### Task description
Report every line of the listing below in which the string "ncli" appears.
=== Data provided ===
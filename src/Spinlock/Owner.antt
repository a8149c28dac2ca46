-- ===== src/Spinlock/Owner.antt =====
-- The lock on several CPUs: who has it.
use operating_system_assignm.Prelude.{
  ℕ, ◌-◌, ◌≡◌, ◌≢◌, refl, sym, ◌∙◌, arith, Bool, true, false, none, some, ◌==◌, ◌&&◌, ℕ_discrete,
  update, update_here, update_there, update_same,
}
use operating_system_assignm.Spinlock.{
  Cpu, Spinlock, pushcli, popcli, owns, holding, acquire_begin, release_begin, Phase, outside,
  spinning, won, inside, leaving, Machine,
}
use operating_system_assignm.Spinlock.Nesting.{IsOff, Same, popcli-pushcli, pushcli-IsOff}

-- From the `xchg` that wins to the write that frees the lock.
abbrev pub has_lock : Phase → Bool
has_lock outside = false
has_lock spinning = false
has_lock won = true
has_lock inside = true
has_lock leaving = true

abbrev pub is_inside : Phase → Bool
is_inside inside = true
is_inside _ = false

-- Whose lock it is.
pub data Owner (locked : Bool) (phase : ℕ → Phase) : Type 0 where
  nobody : locked ≡ false → ((i : ℕ) → has_lock (phase i) ≡ false) → Owner locked phase
  one :
      (i : ℕ)
      → locked ≡ true
      → has_lock (phase i) ≡ true
      → ((j : ℕ) → j ≢ i → has_lock (phase j) ≡ false)
      → Owner locked phase

-- The lock's owner; the CPU it records is the one between `acquire` and `release`; a CPU in one of
-- the calls has its interrupts off.
pub record IsOwned (s : Machine) : Type 0 where
  pub owner : Owner s.lock.locked s.phase
  pub recorded : (i : ℕ) → owns i s.lock.cpu ≡ is_inside (s.phase i)
  pub off : (i : ℕ) → IsOff (s.cpus i)
  pub depth : (i : ℕ) → s.phase i ≢ outside → (s.cpus i).ncli ≢ 0

holding_lem :
    (i : ℕ) (lk : Spinlock) (c : Cpu)
    → IsOff c
    → (c' : Cpu) × (holding i lk c ≡ some (lk.locked && owns i lk.cpu, c')) × Same c c'
unfolding holding
holding_lem i lk c off =
    let (c', e, same) =
      popcli-pushcli c (pushcli c) off (record { depth = refl; flag = refl; saved = λ n. refl }) in
    (c', rw (holding, e) refl, same)

pub acquire_begin_lem :
    (i : ℕ) (lk : Spinlock) (c : Cpu)
    → owns i lk.cpu ≡ false
    → (c' : Cpu) × (acquire_begin i lk c ≡ some c') × Same (pushcli c) c'
unfolding acquire_begin
acquire_begin_lem i lk c other =
    let (c', e, same) = holding_lem i lk (pushcli c) (pushcli-IsOff c) in
    (c', rw (acquire_begin, e) (ground (arith, other)), same)

pub release_begin_lem :
    (i : ℕ) (lk : Spinlock) (c : Cpu)
    → IsOff c
    → lk.locked ≡ true
    → owns i lk.cpu ≡ true
    → (c' : Cpu) × (release_begin i lk c ≡ some (record lk { cpu = none }, c')) × Same c c'
unfolding release_begin
release_begin_lem i lk c off taken mine =
    let (c', e, same) = holding_lem i lk c off in
    (c', rw (release_begin, e, taken, mine) refl, same)

pub popcli-IsOff : (c : Cpu) → IsOff c → c.ncli ≢ 0 → (c' : Cpu) × (popcli c ≡ some c') × IsOff c'
unfolding popcli
popcli-IsOff c off deep = (
  record c { ncli = c.ncli - 1; interrupts = (c.ncli - 1 == 0) && c.intena },
  ground (arith, off deep, deep),
  λ n. ground (arith, n),
)

pub Same-IsOff : (c c' : Cpu) → IsOff c → Same c c' → IsOff c'
Same-IsOff c c' off same n = same.flag ∙ off (λ z. n (same.depth ∙ z))

pub inside-has_lock : (p : Phase) → has_lock p ≡ false → is_inside p ≡ false
inside-has_lock outside h = refl
inside-has_lock spinning h = refl
inside-has_lock won h = refl
inside-has_lock inside h = h
inside-has_lock leaving h = refl

module _ (i : ℕ) (s : Machine) (own : IsOwned s) where
  -- A CPU that stays on its side of the lock.
  pub Owner-stays :
      (p : Phase) → has_lock p ≡ has_lock (s.phase i) → Owner s.lock.locked (update s.phase i p)
  Owner-stays p same = elim own.owner [
    | nobody free none_has ↦ nobody free (λ j. update_same has_lock s.phase i p same j ∙ none_has j)
    | one k taken has others ↦
        one k taken (update_same has_lock s.phase i p same k ∙ has)
          (λ j off. update_same has_lock s.phase i p same j ∙ others j off)
  ]

  pub owner_alone :
      has_lock (s.phase i) ≡ true
      → (s.lock.locked ≡ true) × ((j : ℕ) → j ≢ i → has_lock (s.phase j) ≡ false)
  owner_alone mine = elim own.owner [
    | nobody free none_has ↦ absurd (ground (arith, mine, none_has i))
    | one k taken has others ↦ (
      taken,
      λ j off. elim (ℕ_discrete i k) [
        | yes e ↦ others j (λ e'. off (e' ∙ sym e))
        | no ne ↦ absurd (ground (arith, mine, others i ne))
      ],
    )
  ]

  pub IsOff-go : (c : Cpu) → IsOff c → (j : ℕ) → IsOff (update s.cpus i c j)
  IsOff-go c off j = elim (ℕ_discrete i j) [
    | yes e ↦ rw (update_here s.cpus i j c e) off
    | no ne ↦ rw (update_there s.cpus i j c ne) (own.off j)
  ]

  pub depth_go :
      (p : Phase) (c : Cpu)
      → (p ≢ outside → c.ncli ≢ 0)
      → (j : ℕ) → update s.phase i p j ≢ outside
      → (update s.cpus i c j).ncli ≢ 0
  depth_go p c deep j = elim (ℕ_discrete i j) [
    | yes e ↦ rw (update_here s.cpus i j c e, update_here s.phase i j p e) deep
    | no ne ↦ rw (update_there s.cpus i j c ne, update_there s.phase i j p ne) (own.depth j)
  ]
===
### Result of this task
  pub depth : (i : ℕ) → s.phase i ≢ outside → (s.cpus i).ncli ≢ 0
pub popcli-IsOff : (c : Cpu) → IsOff c → c.ncli ≢ 0 → (c' : Cpu) × (popcli c ≡ some c') × IsOff c'
  record c { ncli = c.ncli - 1; interrupts = (c.ncli - 1 == 0) && c.intena },
      → (p ≢ outside → c.ncli ≢ 0)
      → (update s.cpus i c j).ncli ≢ 0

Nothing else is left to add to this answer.